# Happy Women's Day!



## tigger_uhuhu

*I wanna give a warm hug to everyone women around the word on this day.*
*One day is not enough to show how important are you all.*
*Thank you!*
*Cheers *
*Tigger*​


----------



## belén

Hi

I am having a really bad day today, both at work and personally.. 
So I want to motivate myself by thinking today is MY DAY 

Thanks for opening this thread.

Congratulations to all women, mothers, grandmothers, aunts and godmothers, working women of any kind, women who suffer, women who are brave...

Every step we make is important

Belén


----------



## Laia

Hey ladies  

A big huge to all of you! 

-----------------------------------------------------------------------
I've just thought about this lovely song my mother used to sing to me when I was a little girl (I've translated it into Spanish at the right side):

_*Si la barqueta es tomba, --------- *Si la barquita vuelca,_
_*nena no tinguis por, ------------- *niña no tengas miedo,
__*alça la corda enlaire, ------------ *alza la cuerda arriba,_
_*i dona'm un petó.* ------------------ y dame un beso._


----------



## Outsider

Happy women's day.


----------



## la reine victoria

* Thank you!*​** 
*Tigger, the one and only! You are the answer to my prayer. I was just wishing someone would come and give me a hug . . . . and there you were. It was a lovely hug! Thank you. I feel better already.  *



*For Tigger and everyone!*




*LRV*


----------



## Agnès E.

Well, I will probably spoil the fun, but I do think that women's day should be every day, exactly the way it is for men... real equality would be NOT to stress or feeling the urge to talk about what women achieve every day.


----------



## geve

Justement, Agnès... This morning I heard on the radio that there was a "men day" in Russia ! _(__link__ to the transcript in French)_
I don't know if it's true or if this is just a joke...

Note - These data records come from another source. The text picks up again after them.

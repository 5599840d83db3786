-- ===== src/Http/Date/Calendar.antt =====
-- `gmtime_r` against a count of days: nothing of a time is lost.
use lambda.Base.{
  ℕ, zero, suc, ◌+◌, ◌-◌, ◌*◌, ◌/◌, ◌<◌, ◌≤◌, ◌≡◌, refl, ap, arith, inl, inr, ltb, Bool-cases,
}
use lambda.Http.Date.{Tm, is_leap, days_in_year, days_in_month, find_year, find_month, gmtime}

-- The days from 1970 to a year by the Gregorian rule, of which 477 leap years came before 1970.
unfoldable pub days_before_year : ℕ → ℕ
days_before_year y = 365 * (y - 1970) + ((y - 1) / 4 + (y - 1) / 400 - (y - 1) / 100 - 477)

days_before_year-suc :
    (y : ℕ) → 1970 ≤ y → days_before_year (y + 1) ≡ days_before_year y + days_in_year y
unfolding days_before_year days_in_year is_leap
days_before_year-suc y h = ground arith

days_in_year-long : (y : ℕ) → 365 ≤ days_in_year y
unfolding days_in_year
days_in_year-long y = ground arith

find_year_lem :
    (rounds y d : ℕ)
    → 1970 ≤ y
    → d < rounds
    → (days_before_year (find_year rounds y d).0 + (find_year rounds y d).1
        ≡ days_before_year y + d)
      × ((find_year rounds y d).1 < days_in_year (find_year rounds y d).0)
      × ((find_year rounds y d).0 ≤ y + d / 365)
      × (1970 ≤ (find_year rounds y d).0)
unfolding find_year
find_year_lem zero y d h lt = absurd (omega arith)
find_year_lem (suc rounds) y d h lt = elim (Bool-cases (ltb d (days_in_year y))) [
  | inl e ↦ rw e (refl, ground (arith, e), omega arith, h)
  | inr e ↦
      let later = d - days_in_year y in
      let long = days_in_year-long y in
      let enough : days_in_year y ≤ d = ground (arith, e) in
      let (sum, within, last, first) =
        find_year_lem rounds (y + 1) later (omega arith) (omega arith) in
      rw e (omega (arith, sum, days_before_year-suc y h), within, omega (arith, last), first)
]

-- The days of a year before one of its months.
unfoldable pub days_before_month : ℕ → ℕ → ℕ
days_before_month y zero = 0
days_before_month y (suc m) = days_before_month y m + days_in_month y m

twelve_months : (y : ℕ) → days_before_month y 12 ≡ days_in_year y
unfolding days_before_month days_in_month days_in_year
twelve_months y = ground arith

days_before_month-suc :
    (y m : ℕ) → days_before_month y (m + 1) ≡ days_before_month y m + days_in_month y m
unfolding days_before_month
days_before_month-suc y m = let e : m + 1 ≡ suc m = omega arith in rw e refl

find_month_lem :
    (left y m d : ℕ)
    → m + left ≡ 11
    → days_before_month y m + d < days_before_month y 12
    → (days_before_month y (find_month left y m d).0 + (find_month left y m d).1
        ≡ days_before_month y m + d)
      × ((find_month left y m d).1 < days_in_month y (find_month left y m d).0)
      × ((find_month left y m d).0 < 12)
unfolding find_month
find_month_lem zero y m d e lt =
    let twelve : m + 1 ≡ 12 = omega arith in
    (
      refl,
      omega (arith, lt, ap (days_before_month y) twelve, days_before_month-suc y m),
      omega arith,
    )
find_month_lem (suc left) y m d e lt = elim (Bool-cases (ltb d (days_in_month y m))) [
  | inl h ↦ rw h (refl, ground (arith, h), omega arith)
  | inr h ↦
      let (sum, within, bound) =
        find_month_lem left y (m + 1) (d - days_in_month y m) (omega arith)
          (ground (arith, h, lt, days_before_month-suc y m)) in
      rw h (ground (arith, h, sum, days_before_month-suc y m), within, bound)
]

pub days_in_month_bound : (y m : ℕ) → days_in_month y m ≤ 31
unfolding days_in_month
days_in_month_bound y m = ground arith

-- The seconds that the fields stand for.
unfoldable pub seconds_of : ℕ → ℕ → ℕ → ℕ → ℕ → ℕ → ℕ
seconds_of year mon mday hour min sec =
    (days_before_year year + days_before_month year mon + (mday - 1)) * 86400
    + hour * 3600
    + min * 60
    + sec

abbrev pub tm_seconds : Tm → ℕ
tm_seconds tm = seconds_of tm.year tm.tm_mon tm.tm_mday tm.tm_hour tm.tm_min tm.tm_sec

pub record IsProper (tm : Tm) : Type 0 where
  pub mon_bound : tm.tm_mon < 12
  pub mday_pos : 0 < tm.tm_mday
  pub mday_bound : tm.tm_mday ≤ days_in_month tm.year tm.tm_mon
  pub wday_bound : tm.tm_wday < 7
  pub hour_bound : tm.tm_hour < 24
  pub min_bound : tm.tm_min < 60
  pub sec_bound : tm.tm_sec < 60

-- The fields of a time are in their ranges, the day is one of its month, and they stand for the time.
pub gmtime-IsProper :
    (epoch : ℕ)
    → IsProper (gmtime epoch)
      × (tm_seconds (gmtime epoch) ≡ epoch)
      × ((gmtime epoch).year ≤ 1970 + epoch / 31536000)
unfolding gmtime seconds_of
gmtime-IsProper epoch =
    let days = epoch / 86400 in
    let year = (find_year (days + 1) 1970 days).0 in
    let day = (find_year (days + 1) 1970 days).1 in
    let (sum, within, last, first) =
      find_year_lem (days + 1) 1970 days (omega arith) (omega arith) in
    let zero_days : days_before_year 1970 ≡ 0 = unfold days_before_year in refl in
    let none_before : days_before_month year 0 ≡ 0 = unfold days_before_month in refl in
    let month_fits : days_before_month year 0 + day < days_before_month year 12 =
      rw (twelve_months year) (omega (arith, none_before, within)) in
    let (months, in_month, mon) = find_month_lem 11 year 0 day refl month_fits in
    (
      record {
        mon_bound = mon;
        mday_pos = omega arith;
        mday_bound = omega (arith, in_month);
        wday_bound = omega arith;
        hour_bound = omega arith;
        min_bound = omega arith;
        sec_bound = omega arith;
      },
      omega (arith, sum, zero_days, months, none_before),
      omega (arith, last),
    )
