-- ===== src/Http/Date/Read.antt =====
-- The text of a date is read back as its time.
use lambda.Base.{
  ℕ, zero, suc, ◌+◌, ◌-◌, ◌*◌, ◌/◌, ◌%◌, ◌^◌, ◌<◌, ◌≤◌, true, ◌&&◌, none, some, [], ◌∷◌, ◌≡◌, ◌∙◌,
  refl, arith, inl, inr, Bytes, codes, ◌==◌, ltb, length, length-append, byte_at, take, drop,
  take-append, drop-append, all_below, all_below_sound, scan, Bool-cases,
}
use native.Mathlib.Nat.{pow-suc}
use lambda.Base.Decimal.{decimal_digits, to_decimal, strtoul}
use lambda.Base.Decimal.RoundTrip.{strtoul-to_decimal}
use lambda.Http.Date.{Tm, gmtime, Date, new_date, month_names, clock, to_utc_string}
use lambda.Http.Date.Calendar.{
  seconds_of, tm_seconds, IsProper, days_in_month_bound, gmtime-IsProper,
}

-- The number that two digits are.
abbrev pub two : ℕ → ℕ → ℕ
two a b = (a - 48) * 10 + (b - 48)

-- The month of a name, or 12.
unfoldable pub month_of : ℕ → ℕ → ℕ → ℕ
month_of a b c =
    elim (scan
      (λ m.
        a == byte_at month_names (3 * m)
        && b == byte_at month_names (3 * m + 1)
        && c == byte_at month_names (3 * m + 2))
      0 12) [ none ↦ 12 | some m ↦ m ]

-- A reader of "%a, %d %b %Y %H:%M:%S GMT", which goes by the places of the fields.
unfoldable pub read_utc : Bytes → ℕ
unfolding month_of seconds_of
read_utc text =
    let n = length text - 25 in
    let behind = drop 12 text in
    let time = drop n behind in
    seconds_of (strtoul (take n behind))
      (month_of (byte_at text 8) (byte_at text 9) (byte_at text 10))
      (two (byte_at text 5) (byte_at text 6)) (two (byte_at time 1) (byte_at time 2))
      (two (byte_at time 4) (byte_at time 5)) (two (byte_at time 7) (byte_at time 8))

two-two_digits : (n : ℕ) → n < 100 → two (48 + n / 10) (48 + n % 10) ≡ n
two-two_digits n h = omega arith

months_table :
    all_below 12 (λ m.
      month_of
        (byte_at month_names (3 * m))
        (byte_at month_names (3 * m + 1))
        (byte_at month_names (3 * m + 2))
      == m)
    ≡ true
unfolding all_below month_of scan
months_table = refl

month_of-letters :
    (m : ℕ)
    → m < 12
    → month_of
        (byte_at month_names (3 * m))
        (byte_at month_names (3 * m + 1))
        (byte_at month_names (3 * m + 2))
      ≡ m
month_of-letters m lt = ground (arith, all_below_sound 12 _ m months_table lt)

length-decimal_digits : (k fuel n : ℕ) → n < 10 ^ suc k → length (decimal_digits fuel n) ≤ suc k
unfolding decimal_digits
length-decimal_digits k zero n h = omega arith
length-decimal_digits zero (suc fuel) n h = ground arith
length-decimal_digits (suc k) (suc fuel) n h = elim (Bool-cases (ltb n 10)) [
  | inl e ↦ rw e (omega arith)
  | inr e ↦
      let front = decimal_digits fuel (n / 10) in
      let shorter = length-decimal_digits k fuel (n / 10) (omega (arith, h, pow-suc 10 (suc k))) in
      rw e (omega (arith, length-append front ((48 + n % 10) ∷ []), shorter))
]

abbrev time_text : Tm → Bytes
time_text tm = b' ' ∷ clock tm (codes " GMT")

module _ (epoch : ℕ) (tm : Tm) where
  abbrev date : Date
  date = record { m_unix = epoch; m_tms = tm }

  length-to_utc_string : length (to_utc_string date) ≡ 25 + length (to_decimal tm.year)
  unfolding to_utc_string
  length-to_utc_string = omega (arith, length-append (to_decimal tm.year) (time_text tm))

  read_utc-to_utc_string :
      IsProper tm → tm.year < 2 ^ 64 → read_utc (to_utc_string date) ≡ tm_seconds tm
  unfolding read_utc to_utc_string
  read_utc-to_utc_string h lt =
      let digits = to_decimal tm.year in
      let size : length (to_utc_string date) - 25 ≡ length digits =
        omega (arith, length-to_utc_string) in
      let year : strtoul digits ≡ tm.year = (strtoul-to_decimal tm.year lt).0 in
      let front = take-append digits (time_text tm) in
      let back = drop-append digits (time_text tm) in
      let mon = month_of-letters tm.tm_mon h.mon_bound in
      let mday =
        two-two_digits tm.tm_mday
          (omega (arith, h.mday_bound, days_in_month_bound tm.year tm.tm_mon)) in
      let hour = two-two_digits tm.tm_hour (omega (arith, h.hour_bound)) in
      let min = two-two_digits tm.tm_min (omega (arith, h.min_bound)) in
      let sec = two-two_digits tm.tm_sec (omega (arith, h.sec_bound)) in
      rw (size, front, back, year, mon, mday, hour, min, sec) refl

-- The text that `to_utc_string` gives for a time is read back as this time by a reader that counts days
-- with the Gregorian rule, and it fits into the buffer of 64 characters with its closing NUL. The time is
-- below 2^55 seconds, so that its year fits into an `int`.
pub read_utc-new_date :
    (epoch : ℕ)
    → epoch < 2 ^ 55
    → (read_utc (to_utc_string (new_date epoch)) ≡ epoch)
      × (length (to_utc_string (new_date epoch)) < 64)
unfolding new_date
read_utc-new_date epoch lt =
    let tm = gmtime epoch in
    let (proper, seconds, year) = gmtime-IsProper epoch in
    let small : tm.year < 10 ^ suc 9 = omega (arith, year) in
    let digits : length (to_decimal tm.year) ≤ suc 9 =
      unfold to_decimal in length-decimal_digits 9 (suc tm.year) tm.year small in
    (
      read_utc-to_utc_string epoch tm proper (omega (arith, small)) ∙ seconds,
      omega (arith, length-to_utc_string epoch tm, digits),
    )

Thank you anyway, you all ! 
I didn't really feel special today... or rather, I feel special every day


----------



## Chaska Ñawi

While I agree with Agnes (about Women's Day, Mother's Day, etc.), te agredesco mucho, Tigger, por pensar en nosotros.

Has anybody heard the expression regarding mathematical developments "We are standing on the shoulders of giants"?  It's applicable to all our female forebearers as well.

Here's to my mother .... who attended law school as a single mother while supporting two children and her own recently widowed mother.

Here's to my grandmother ... who went roaring around England on a motorcycle in the 1920's wearing goggles and jodphurs.

Here's to HER mother - the first woman to ride a bicycle in her village, and one of the first women to graduate from Cambridge (but she wasn't awarded her degree until 1935, 40 years later).

And here's to all of us foreras!

(Tigger, you rock!  Estas ya aburrido de esto?    )


----------



## Lourdes Luna

tigger_uhuhu said:
			
		

> *I wanna give a warm hug to everyone women around the word on this day.*
> 
> *There is not a one day to show how important are you all.*
> *Thank you!*
> *Cheers *
> 
> *Tigger*​


Gracias Tigger!!!

I send you a big hug to all women of word reference...

Lulú


----------



## Doval

Agnès E. said:
			
		

> Well, I will probably spoil the fun, but I do think that women's day should be every day, exactly the way it is for men... real equality would be NOT to stress or feeling the urge to talk about what women achieve every day.


*Every day IS women's day for me. But until that day when women achieve true global equality (or rather, when your SUPERIORITY is fully recognized) this man wishes to take this opportunity to THANK YOU ALL for making my life RICH, FULL, and WONDERFUL!*


----------



## elroy

Chaska Ñawi said:
			
		

> ..., por pensar en nosotr*a*s.


 
Making the distinction is especially fitting on this day, eh? 

Happy Women's Day!


----------



## LadyBlakeney

Happy Women's day to all men!! Wouldn't you be mortally bored without us?


----------



## Alundra

Thank you and Happy Women's Day too!!!!

Alundra.


----------